### The task
Within the material below, filter for lines that hold the word "Bool".

### Provided material
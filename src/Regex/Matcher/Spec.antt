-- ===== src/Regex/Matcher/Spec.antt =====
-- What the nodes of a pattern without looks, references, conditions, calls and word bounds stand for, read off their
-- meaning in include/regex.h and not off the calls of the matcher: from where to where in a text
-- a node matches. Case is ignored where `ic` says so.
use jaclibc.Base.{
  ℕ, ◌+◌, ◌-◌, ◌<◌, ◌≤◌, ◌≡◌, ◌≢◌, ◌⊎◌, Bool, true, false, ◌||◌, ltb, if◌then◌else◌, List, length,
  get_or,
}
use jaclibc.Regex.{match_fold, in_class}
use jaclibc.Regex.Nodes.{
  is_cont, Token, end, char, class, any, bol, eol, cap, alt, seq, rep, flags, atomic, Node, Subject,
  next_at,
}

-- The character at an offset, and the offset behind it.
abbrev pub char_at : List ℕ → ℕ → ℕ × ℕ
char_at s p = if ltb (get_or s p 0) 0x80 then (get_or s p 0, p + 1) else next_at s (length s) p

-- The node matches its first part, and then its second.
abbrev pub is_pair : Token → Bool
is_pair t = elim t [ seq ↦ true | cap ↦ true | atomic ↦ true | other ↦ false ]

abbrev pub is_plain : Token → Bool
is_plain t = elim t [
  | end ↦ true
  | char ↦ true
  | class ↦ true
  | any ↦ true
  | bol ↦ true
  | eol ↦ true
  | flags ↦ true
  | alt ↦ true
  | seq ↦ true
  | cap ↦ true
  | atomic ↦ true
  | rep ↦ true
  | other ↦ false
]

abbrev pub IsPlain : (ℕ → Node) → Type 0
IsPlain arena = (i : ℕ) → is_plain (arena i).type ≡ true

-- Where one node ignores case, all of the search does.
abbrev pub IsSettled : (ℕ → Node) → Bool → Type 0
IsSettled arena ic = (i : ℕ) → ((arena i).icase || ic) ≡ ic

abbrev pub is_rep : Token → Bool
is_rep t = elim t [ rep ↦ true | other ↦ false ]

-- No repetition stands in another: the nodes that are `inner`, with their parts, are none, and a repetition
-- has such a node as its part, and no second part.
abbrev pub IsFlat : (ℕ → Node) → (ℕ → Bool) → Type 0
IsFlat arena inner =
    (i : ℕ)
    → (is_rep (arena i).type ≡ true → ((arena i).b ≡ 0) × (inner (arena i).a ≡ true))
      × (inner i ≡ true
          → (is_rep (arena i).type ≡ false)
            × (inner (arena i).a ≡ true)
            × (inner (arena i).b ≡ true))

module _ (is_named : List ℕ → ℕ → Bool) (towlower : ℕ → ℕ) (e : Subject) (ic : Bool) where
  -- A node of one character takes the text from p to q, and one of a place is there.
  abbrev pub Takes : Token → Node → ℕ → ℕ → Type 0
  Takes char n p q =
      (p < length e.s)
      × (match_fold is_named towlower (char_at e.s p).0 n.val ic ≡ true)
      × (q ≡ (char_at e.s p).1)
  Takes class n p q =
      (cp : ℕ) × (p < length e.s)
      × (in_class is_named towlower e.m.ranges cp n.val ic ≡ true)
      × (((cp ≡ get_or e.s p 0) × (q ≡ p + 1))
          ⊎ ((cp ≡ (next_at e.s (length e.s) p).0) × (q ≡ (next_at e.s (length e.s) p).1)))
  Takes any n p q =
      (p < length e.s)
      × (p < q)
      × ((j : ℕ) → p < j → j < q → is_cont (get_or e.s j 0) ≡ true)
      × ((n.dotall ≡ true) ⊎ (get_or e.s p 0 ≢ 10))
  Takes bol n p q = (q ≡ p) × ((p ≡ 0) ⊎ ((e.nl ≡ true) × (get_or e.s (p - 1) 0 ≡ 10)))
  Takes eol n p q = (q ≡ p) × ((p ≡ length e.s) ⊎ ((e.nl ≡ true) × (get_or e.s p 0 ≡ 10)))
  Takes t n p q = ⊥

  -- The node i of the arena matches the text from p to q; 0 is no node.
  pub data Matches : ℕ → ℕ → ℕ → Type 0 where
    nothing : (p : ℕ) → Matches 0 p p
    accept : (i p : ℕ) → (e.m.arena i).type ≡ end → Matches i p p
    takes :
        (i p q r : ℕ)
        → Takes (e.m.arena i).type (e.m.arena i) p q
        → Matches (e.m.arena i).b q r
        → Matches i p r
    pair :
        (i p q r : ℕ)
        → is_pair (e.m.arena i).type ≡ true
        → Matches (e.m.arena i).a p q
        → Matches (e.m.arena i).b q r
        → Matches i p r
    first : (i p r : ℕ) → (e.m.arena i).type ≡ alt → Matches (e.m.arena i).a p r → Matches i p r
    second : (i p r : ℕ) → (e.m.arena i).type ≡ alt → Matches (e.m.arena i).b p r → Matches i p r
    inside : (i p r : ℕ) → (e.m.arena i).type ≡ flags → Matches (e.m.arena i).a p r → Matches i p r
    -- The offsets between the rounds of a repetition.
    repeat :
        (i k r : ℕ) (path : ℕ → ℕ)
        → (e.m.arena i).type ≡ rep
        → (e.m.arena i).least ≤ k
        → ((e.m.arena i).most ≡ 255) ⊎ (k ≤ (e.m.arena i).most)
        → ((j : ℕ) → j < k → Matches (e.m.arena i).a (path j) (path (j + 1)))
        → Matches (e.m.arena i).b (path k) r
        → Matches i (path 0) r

### Solution for this problem
  ℕ, ◌+◌, ◌-◌, ◌<◌, ◌≤◌, ◌≡◌, ◌≢◌, ◌⊎◌, Bool, true, false, ◌||◌, ltb, if◌then◌else◌, List, length,
abbrev pub is_pair : Token → Bool
abbrev pub is_plain : Token → Bool
abbrev pub IsSettled : (ℕ → Node) → Bool → Type 0
abbrev pub is_rep : Token → Bool
abbrev pub IsFlat : (ℕ → Node) → (ℕ → Bool) → Type 0
module _ (is_named : List ℕ → ℕ → Bool) (towlower : ℕ → ℕ) (e : Subject) (ic : Bool) where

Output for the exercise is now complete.